Prompt
Return verbatim all lines from the first one in the records to the line with "b c 61 later", both ends kept.

Extracted information

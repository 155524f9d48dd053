-- ===== src/Bytes/Base64/RoundTrip.antt =====
-- What is read back from encoded bytes.
use vicare_scheme.Base.{
  ℕ, zero, suc, ◌+◌, ◌-◌, ◌*◌, ◌/◌, ◌%◌, ◌≤◌, ◌<◌, ◌≡◌, refl, sym, ap, ◌∙◌, List, [], ◌∷◌, ◌++◌,
  Option, none, some, true, false, arith, ltb, ◌==◌, length, All, drop, length-append,
}
use vicare_scheme.Numerics.Words.{most_positive_fixnum}
use Prim.Native.Nat.{bit_or}
use mathlib.Core.List.{append-nil, append_assoc}
use vicare_scheme.Bytes.{IsByte, and_then}
use vicare_scheme.Bytes.Base64.{
  encode, number_of_groups, to_base64, decode, decode_group, characters, prepend_bytes, from_base64,
  first_byte, second_byte, third_byte,
}
use vicare_scheme.Bytes.Base64.Groups.{
  bytes-Group, Character, first_byte-sum, second_byte-sum, third_byte-sum, or_four, or_two,
}
use vicare_scheme.Bytes.Base64.Lengths.{
  length-encode, output_length-append, output_length-encode, encode-nonempty,
}

-- Four characters that stand for `s`, `t`, `u` and `v`.
full_group :
    (s t u v a b c d : ℕ) (later : Option (List ℕ))
    → Character s a
    → Character t b
    → Character u c
    → Character v d
    → decode_group a b c d later
      ≡ prepend_bytes (first_byte s t ∷ second_byte t u ∷ third_byte u v ∷ []) later
unfolding decode_group characters
full_group s t u v a b c d later ca cb cc cd =
    rw
      (
        cc.no_padding, cd.no_padding, ca.accepted, cb.accepted, cc.accepted, cd.accepted, ca.value,
        cb.value, cc.value, cd.value,
      )
      refl

padded_group :
    (s t u a b c : ℕ) (later : Option (List ℕ))
    → Character s a
    → Character t b
    → Character u c
    → decode_group a b c 61 later
      ≡ prepend_bytes (bit_or (s * 4) (t / 16) % 256 ∷ bit_or (t * 16) (u / 4) % 256 ∷ []) later
unfolding decode_group characters
padded_group s t u a b c later ca cb cc =
    rw (cc.no_padding, ca.accepted, cb.accepted, cc.accepted, ca.value, cb.value, cc.value) refl

twice_padded_group :
    (s t a b : ℕ) (later : Option (List ℕ))
    → Character s a
    → Character t b
    → decode_group a b 61 61 later ≡ prepend_bytes (bit_or (s * 4) (t / 16) % 256 ∷ []) later
unfolding decode_group characters
twice_padded_group s t a b later ca cb = rw (ca.accepted, cb.accepted, ca.value, cb.value) refl

prepend_bytes_nil : (o : Option (List ℕ)) → o ≡ prepend_bytes [] o
prepend_bytes_nil none = refl
prepend_bytes_nil (some bytes) = refl

prepend_bytes_append :
    (x y : List ℕ) (o : Option (List ℕ))
    → prepend_bytes x (prepend_bytes y o) ≡ prepend_bytes (x ++ y) o
prepend_bytes_append x y none = refl
prepend_bytes_append x y (some bytes) = ap some (sym (append_assoc x y bytes))

one_back : (a : ℕ) → a < 256 → bit_or (a / 4 * 4) (a % 4 * 16 / 16) % 256 ≡ a
one_back a h =
    let e : a % 4 * 16 / 16 ≡ a % 4 = omega arith in
    rw (e, or_two (a / 4) (a % 4) (omega arith)) (omega arith)

one_back_with :
    (a b : ℕ) → a < 256 → b < 256 → bit_or (a / 4 * 4) ((a % 4 * 16 + b / 16) / 16) % 256 ≡ a
one_back_with a b h hb =
    let e : (a % 4 * 16 + b / 16) / 16 ≡ a % 4 = omega arith in
    rw (e, or_two (a / 4) (a % 4) (omega arith)) (omega arith)

two_back :
    (a b : ℕ) → a < 256 → b < 256 → bit_or ((a % 4 * 16 + b / 16) * 16) (b % 16 * 4 / 4) % 256 ≡ b
two_back a b ha h =
    let e : b % 16 * 4 / 4 ≡ b % 16 = omega arith in
    rw (e, or_four (a % 4 * 16 + b / 16) (b % 16) (omega arith)) (omega arith)

three_back :
    (a b c : ℕ) (later : Option (List ℕ))
    → a < 256
    → b < 256
    → c < 256
    → prepend_bytes
        (first_byte (a / 4) (a % 4 * 16 + b / 16)
          ∷ second_byte (a % 4 * 16 + b / 16) (b % 16 * 4 + c / 64)
          ∷ third_byte (b % 16 * 4 + c / 64) (c % 64)
          ∷ [])
        later
      ≡ prepend_bytes (a ∷ b ∷ c ∷ []) later
three_back a b c later ha hb hc =
    let e : first_byte (a / 4) (a % 4 * 16 + b / 16) ≡ a =
      first_byte-sum (a / 4) (a % 4 * 16 + b / 16) (omega arith) (omega arith) ∙ omega arith in
    let f : second_byte (a % 4 * 16 + b / 16) (b % 16 * 4 + c / 64) ≡ b =
      second_byte-sum (a % 4 * 16 + b / 16) (b % 16 * 4 + c / 64) (omega arith) (omega arith)
      ∙ omega arith in
    let g : third_byte (b % 16 * 4 + c / 64) (c % 64) ≡ c =
      third_byte-sum (b % 16 * 4 + c / 64) (c % 64) (omega arith) (omega arith) ∙ omega arith in
    rw (e, f, g) refl

-- Any text may follow the encoded bytes.
decode-encode :
    (x text : List ℕ) → All IsByte x → decode (encode x ++ text) ≡ prepend_bytes x (decode text)
unfolding encode decode
decode-encode [] text h = prepend_bytes_nil (decode text)
decode-encode (a ∷ []) text (ha, h) =
    let g = bytes-Group a 0 0 ha (omega arith) (omega arith) in
    twice_padded_group (a / 4) (a % 4 * 16) _ _ (decode text) g.first g.low_second
    ∙ rw (one_back a ha) refl
decode-encode (a ∷ b ∷ []) text (ha, (hb, h)) =
    let g = bytes-Group a b 0 ha hb (omega arith) in
    padded_group (a / 4) (a % 4 * 16 + b / 16) (b % 16 * 4) _ _ _ (decode text) g.first g.second
      g.low_third
    ∙ rw (one_back_with a b ha hb, two_back a b ha hb) refl
decode-encode (a ∷ b ∷ c ∷ rest) text (ha, (hb, (hc, h))) =
    let g = bytes-Group a b c ha hb hc in
    full_group (a / 4) (a % 4 * 16 + b / 16) (b % 16 * 4 + c / 64) (c % 64) _ _ _ _
      (decode (encode rest ++ text)) g.first g.second g.third g.fourth
    ∙ three_back a b c (decode (encode rest ++ text)) ha hb hc
    ∙ ap (prepend_bytes (a ∷ b ∷ c ∷ [])) (decode-encode rest text h)
    ∙ prepend_bytes_append (a ∷ b ∷ c ∷ []) rest (decode text)

drop-all : (memory : List ℕ) (n : ℕ) → length memory ≡ n → drop n memory ≡ []
drop-all [] zero h = refl
drop-all [] (suc n) h = refl
drop-all (m ∷ memory) zero h = absurd (omega arith)
drop-all (m ∷ memory) (suc n) h = drop-all memory n (omega arith)

multiple_of_four : (bytes : List ℕ) → (length (encode bytes) % 4 == 0) ≡ true
multiple_of_four bytes = ground (arith, length-encode bytes)

decode-encode_alone : (bytes : List ℕ) → All IsByte bytes → decode (encode bytes) ≡ some bytes
unfolding decode
decode-encode_alone bytes h =
    ap decode (sym (append-nil (encode bytes)))
    ∙ decode-encode bytes [] h
    ∙ ap some (append-nil bytes)

from_base64-encode :
    (fresh : ℕ → List ℕ)
    → ((n : ℕ) → length (fresh n) ≡ n)
    → (bytes : List ℕ) → All IsByte bytes
    → from_base64 fresh (encode bytes) ≡ some bytes
unfolding from_base64
from_base64-encode fresh sized bytes h =
    rw
      (
        multiple_of_four bytes,
        decode-encode_alone bytes h,
        output_length-encode bytes h,
        drop-all (fresh (length bytes)) (length bytes) (sized (length bytes)),
      )
      (ap some (append-nil bytes))

-- Bytes whose number of groups is within the limit of `to_base64` are encoded, and `from_base64` of
-- the text is the bytes, whatever the memory of the new bytevector held, on the condition that this
-- memory has the length asked for.
pub from_base64-to_base64 :
    (fresh : ℕ → List ℕ)
    → ((n : ℕ) → length (fresh n) ≡ n)
    → (bytes : List ℕ) → All IsByte bytes
    → number_of_groups (length bytes) ≤ (most_positive_fixnum - 16) / 4
    → and_then (to_base64 bytes) (from_base64 fresh) ≡ some bytes
unfolding to_base64
from_base64-to_base64 fresh sized bytes h small =
    let e : ltb ((most_positive_fixnum - 16) / 4) (number_of_groups (length bytes)) ≡ false =
      ground arith in
    rw e (from_base64-encode fresh sized bytes h)

-- On the encodings of two lists of bytes one after the other, the second not empty, `from_base64`
-- answers with the bytes of both and after them what the memory of the new bytevector held, up to
-- the length that counts the first encoding as full groups.
pub from_base64_joined :
    (fresh : ℕ → List ℕ) (x y : List ℕ)
    → All IsByte x
    → All IsByte y
    → 0 < length y
    → from_base64 fresh (encode x ++ encode y)
      ≡ some
          ((x ++ y) ++ drop (length (x ++ y)) (fresh (3 * number_of_groups (length x) + length y)))
unfolding from_base64
from_base64_joined fresh x [] hx hy some_y = absurd (omega arith)
from_base64_joined fresh x (b ∷ y) hx hy some_y =
    let four : (length (encode x ++ encode (b ∷ y)) % 4 == 0) ≡ true =
      ground (
        arith,
        length-append (encode x) (encode (b ∷ y)),
        length-encode x,
        length-encode (b ∷ y),
      ) in
    rw
      (
        four,
        decode-encode x (encode (b ∷ y)) hx,
        decode-encode_alone (b ∷ y) hy,
        output_length-append x (encode (b ∷ y)) (encode-nonempty b y),
        output_length-encode (b ∷ y) hy,
      )
      refl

Your solution
repository 155524f9d48dd053
-- ===== src/Bytes/Base64/RoundTrip.antt =====
-- What is read back from encoded bytes.
use vicare_scheme.Base.{
  ℕ, zero, suc, ◌+◌, ◌-◌, ◌*◌, ◌/◌, ◌%◌, ◌≤◌, ◌<◌, ◌≡◌, refl, sym, ap, ◌∙◌, List, [], ◌∷◌, ◌++◌,
  Option, none, some, true, false, arith, ltb, ◌==◌, length, All, drop, length-append,
}
use vicare_scheme.Numerics.Words.{most_positive_fixnum}
use Prim.Native.Nat.{bit_or}
use mathlib.Core.List.{append-nil, append_assoc}
use vicare_scheme.Bytes.{IsByte, and_then}
use vicare_scheme.Bytes.Base64.{
  encode, number_of_groups, to_base64, decode, decode_group, characters, prepend_bytes, from_base64,
  first_byte, second_byte, third_byte,
}
use vicare_scheme.Bytes.Base64.Groups.{
  bytes-Group, Character, first_byte-sum, second_byte-sum, third_byte-sum, or_four, or_two,
}
use vicare_scheme.Bytes.Base64.Lengths.{
  length-encode, output_length-append, output_length-encode, encode-nonempty,
}

-- Four characters that stand for `s`, `t`, `u` and `v`.
full_group :
    (s t u v a b c d : ℕ) (later : Option (List ℕ))
    → Character s a
    → Character t b
    → Character u c
    → Character v d
    → decode_group a b c d later
      ≡ prepend_bytes (first_byte s t ∷ second_byte t u ∷ third_byte u v ∷ []) later
unfolding decode_group characters
full_group s t u v a b c d later ca cb cc cd =
    rw
      (
        cc.no_padding, cd.no_padding, ca.accepted, cb.accepted, cc.accepted, cd.accepted, ca.value,
        cb.value, cc.value, cd.value,
      )
      refl

padded_group :
    (s t u a b c : ℕ) (later : Option (List ℕ))
    → Character s a
    → Character t b
    → Character u c
    → decode_group a b c 61 later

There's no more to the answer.